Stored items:
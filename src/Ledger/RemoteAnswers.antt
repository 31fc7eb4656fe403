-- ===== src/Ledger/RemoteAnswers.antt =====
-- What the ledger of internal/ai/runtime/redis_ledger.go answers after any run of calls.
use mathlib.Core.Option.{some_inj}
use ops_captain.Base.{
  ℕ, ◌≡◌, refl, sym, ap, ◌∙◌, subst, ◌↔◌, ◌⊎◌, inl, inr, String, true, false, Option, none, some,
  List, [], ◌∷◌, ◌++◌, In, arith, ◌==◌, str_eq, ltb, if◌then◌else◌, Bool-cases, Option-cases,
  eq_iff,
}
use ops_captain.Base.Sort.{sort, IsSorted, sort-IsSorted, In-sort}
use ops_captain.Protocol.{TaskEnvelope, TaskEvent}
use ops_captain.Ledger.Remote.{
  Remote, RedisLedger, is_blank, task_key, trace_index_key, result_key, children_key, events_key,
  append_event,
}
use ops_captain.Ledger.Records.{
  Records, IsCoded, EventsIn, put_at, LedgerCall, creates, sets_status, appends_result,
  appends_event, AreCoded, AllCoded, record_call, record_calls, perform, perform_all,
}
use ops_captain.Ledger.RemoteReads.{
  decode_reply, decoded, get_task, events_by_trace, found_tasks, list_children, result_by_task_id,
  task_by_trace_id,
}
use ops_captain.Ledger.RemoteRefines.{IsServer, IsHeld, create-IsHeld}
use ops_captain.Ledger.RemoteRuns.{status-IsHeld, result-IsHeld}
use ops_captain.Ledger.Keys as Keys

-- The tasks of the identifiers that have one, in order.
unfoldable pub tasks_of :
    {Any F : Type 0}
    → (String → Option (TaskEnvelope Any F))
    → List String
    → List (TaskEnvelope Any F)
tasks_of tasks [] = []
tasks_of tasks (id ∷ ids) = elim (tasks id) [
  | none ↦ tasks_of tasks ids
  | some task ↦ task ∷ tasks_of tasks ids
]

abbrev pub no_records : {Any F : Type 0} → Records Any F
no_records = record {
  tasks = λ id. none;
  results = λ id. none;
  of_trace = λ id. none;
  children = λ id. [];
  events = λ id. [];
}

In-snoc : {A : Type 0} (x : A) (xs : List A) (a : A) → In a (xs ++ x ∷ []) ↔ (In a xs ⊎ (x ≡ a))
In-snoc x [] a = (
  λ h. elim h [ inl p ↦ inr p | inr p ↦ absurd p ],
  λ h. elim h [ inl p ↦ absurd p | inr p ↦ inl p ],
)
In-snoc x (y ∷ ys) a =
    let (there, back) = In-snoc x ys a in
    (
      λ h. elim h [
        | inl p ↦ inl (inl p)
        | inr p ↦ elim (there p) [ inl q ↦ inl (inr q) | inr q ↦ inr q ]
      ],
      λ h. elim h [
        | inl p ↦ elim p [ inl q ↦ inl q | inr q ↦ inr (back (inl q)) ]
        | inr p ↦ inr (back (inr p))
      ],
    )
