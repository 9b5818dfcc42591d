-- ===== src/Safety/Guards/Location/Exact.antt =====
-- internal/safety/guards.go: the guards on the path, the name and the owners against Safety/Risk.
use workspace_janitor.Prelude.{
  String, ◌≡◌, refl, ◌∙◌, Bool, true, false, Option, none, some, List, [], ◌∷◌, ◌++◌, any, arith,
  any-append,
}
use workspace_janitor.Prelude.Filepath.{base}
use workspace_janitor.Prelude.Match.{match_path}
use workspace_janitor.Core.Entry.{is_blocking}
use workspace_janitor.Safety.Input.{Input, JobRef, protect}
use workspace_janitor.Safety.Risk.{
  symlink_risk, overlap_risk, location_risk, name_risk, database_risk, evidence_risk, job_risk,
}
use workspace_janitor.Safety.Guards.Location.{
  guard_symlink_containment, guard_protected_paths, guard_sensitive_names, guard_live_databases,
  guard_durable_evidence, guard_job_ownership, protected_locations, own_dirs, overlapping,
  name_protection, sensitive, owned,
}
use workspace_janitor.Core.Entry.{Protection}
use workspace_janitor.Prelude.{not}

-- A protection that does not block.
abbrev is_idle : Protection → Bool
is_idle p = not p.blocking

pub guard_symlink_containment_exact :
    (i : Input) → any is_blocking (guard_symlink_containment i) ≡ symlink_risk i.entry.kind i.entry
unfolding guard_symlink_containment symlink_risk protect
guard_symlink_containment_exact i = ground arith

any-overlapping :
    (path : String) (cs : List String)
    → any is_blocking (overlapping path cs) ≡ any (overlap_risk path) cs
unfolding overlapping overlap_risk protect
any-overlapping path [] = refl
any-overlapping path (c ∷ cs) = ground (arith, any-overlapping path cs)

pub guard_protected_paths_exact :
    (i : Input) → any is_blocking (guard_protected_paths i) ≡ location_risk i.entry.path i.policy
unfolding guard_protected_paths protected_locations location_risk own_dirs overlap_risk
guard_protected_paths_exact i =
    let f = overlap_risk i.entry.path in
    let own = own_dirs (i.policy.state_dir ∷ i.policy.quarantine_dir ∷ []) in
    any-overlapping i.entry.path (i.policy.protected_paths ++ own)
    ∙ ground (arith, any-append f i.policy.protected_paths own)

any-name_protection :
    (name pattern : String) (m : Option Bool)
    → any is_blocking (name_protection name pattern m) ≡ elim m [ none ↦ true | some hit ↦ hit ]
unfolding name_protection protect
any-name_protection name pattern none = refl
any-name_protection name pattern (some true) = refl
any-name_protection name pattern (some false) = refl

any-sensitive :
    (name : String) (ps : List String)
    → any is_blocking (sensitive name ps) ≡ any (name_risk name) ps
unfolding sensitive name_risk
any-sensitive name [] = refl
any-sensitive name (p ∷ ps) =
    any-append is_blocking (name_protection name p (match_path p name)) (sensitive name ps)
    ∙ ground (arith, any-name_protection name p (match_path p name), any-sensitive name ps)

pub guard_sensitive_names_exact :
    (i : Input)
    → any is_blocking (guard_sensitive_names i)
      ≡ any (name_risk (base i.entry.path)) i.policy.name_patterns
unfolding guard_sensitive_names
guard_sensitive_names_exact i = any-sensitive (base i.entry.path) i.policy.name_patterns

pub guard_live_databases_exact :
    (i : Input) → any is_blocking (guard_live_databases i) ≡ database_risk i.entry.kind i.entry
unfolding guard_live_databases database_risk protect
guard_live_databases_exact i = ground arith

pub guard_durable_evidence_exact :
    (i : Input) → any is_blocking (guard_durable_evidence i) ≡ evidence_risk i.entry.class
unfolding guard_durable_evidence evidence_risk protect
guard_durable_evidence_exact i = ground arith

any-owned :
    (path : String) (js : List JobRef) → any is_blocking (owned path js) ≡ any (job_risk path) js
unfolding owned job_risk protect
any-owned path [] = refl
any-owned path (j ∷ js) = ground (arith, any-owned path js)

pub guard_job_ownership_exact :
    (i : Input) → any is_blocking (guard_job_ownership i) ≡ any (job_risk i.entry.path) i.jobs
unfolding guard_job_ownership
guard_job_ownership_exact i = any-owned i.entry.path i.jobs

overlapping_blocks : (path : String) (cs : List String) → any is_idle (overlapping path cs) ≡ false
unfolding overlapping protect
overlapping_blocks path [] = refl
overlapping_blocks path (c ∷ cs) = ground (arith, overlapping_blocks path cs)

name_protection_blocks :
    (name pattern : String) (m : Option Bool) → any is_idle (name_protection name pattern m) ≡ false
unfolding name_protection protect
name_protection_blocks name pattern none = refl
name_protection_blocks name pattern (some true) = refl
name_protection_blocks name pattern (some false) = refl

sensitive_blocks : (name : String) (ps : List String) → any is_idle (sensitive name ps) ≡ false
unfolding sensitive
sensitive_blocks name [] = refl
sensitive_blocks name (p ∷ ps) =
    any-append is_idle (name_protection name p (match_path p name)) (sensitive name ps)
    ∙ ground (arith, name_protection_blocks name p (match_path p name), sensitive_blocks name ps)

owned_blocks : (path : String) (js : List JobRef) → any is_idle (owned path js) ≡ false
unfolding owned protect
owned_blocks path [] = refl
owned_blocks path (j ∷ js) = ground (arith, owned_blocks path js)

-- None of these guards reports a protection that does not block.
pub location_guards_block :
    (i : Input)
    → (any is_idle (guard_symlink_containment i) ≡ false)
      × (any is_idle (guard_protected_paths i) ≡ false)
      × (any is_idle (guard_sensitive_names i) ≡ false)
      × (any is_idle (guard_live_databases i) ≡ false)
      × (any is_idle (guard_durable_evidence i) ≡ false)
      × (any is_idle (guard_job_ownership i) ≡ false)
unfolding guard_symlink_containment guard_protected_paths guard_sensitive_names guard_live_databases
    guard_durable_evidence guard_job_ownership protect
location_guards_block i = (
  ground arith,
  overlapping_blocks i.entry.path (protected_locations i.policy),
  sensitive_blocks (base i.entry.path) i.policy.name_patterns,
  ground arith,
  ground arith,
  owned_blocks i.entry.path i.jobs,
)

● About this exercise
Above are the entries. Copy exactly the part that opens with the line containing "unfolding sensitive name_risk" and closes with the line containing "unfolding guard_sensitive_names", and no more.

● Output for this task
unfolding sensitive name_risk
any-sensitive name [] = refl
any-sensitive name (p ∷ ps) =
    any-append is_blocking (name_protection name p (match_path p name)) (sensitive name ps)
    ∙ ground (arith, any-name_protection name p (match_path p name), any-sensitive name ps)

pub guard_sensitive_names_exact :
    (i : Input)
    → any is_blocking (guard_sensitive_names i)
      ≡ any (name_risk (base i.entry.path)) i.policy.name_patterns
unfolding guard_sensitive_names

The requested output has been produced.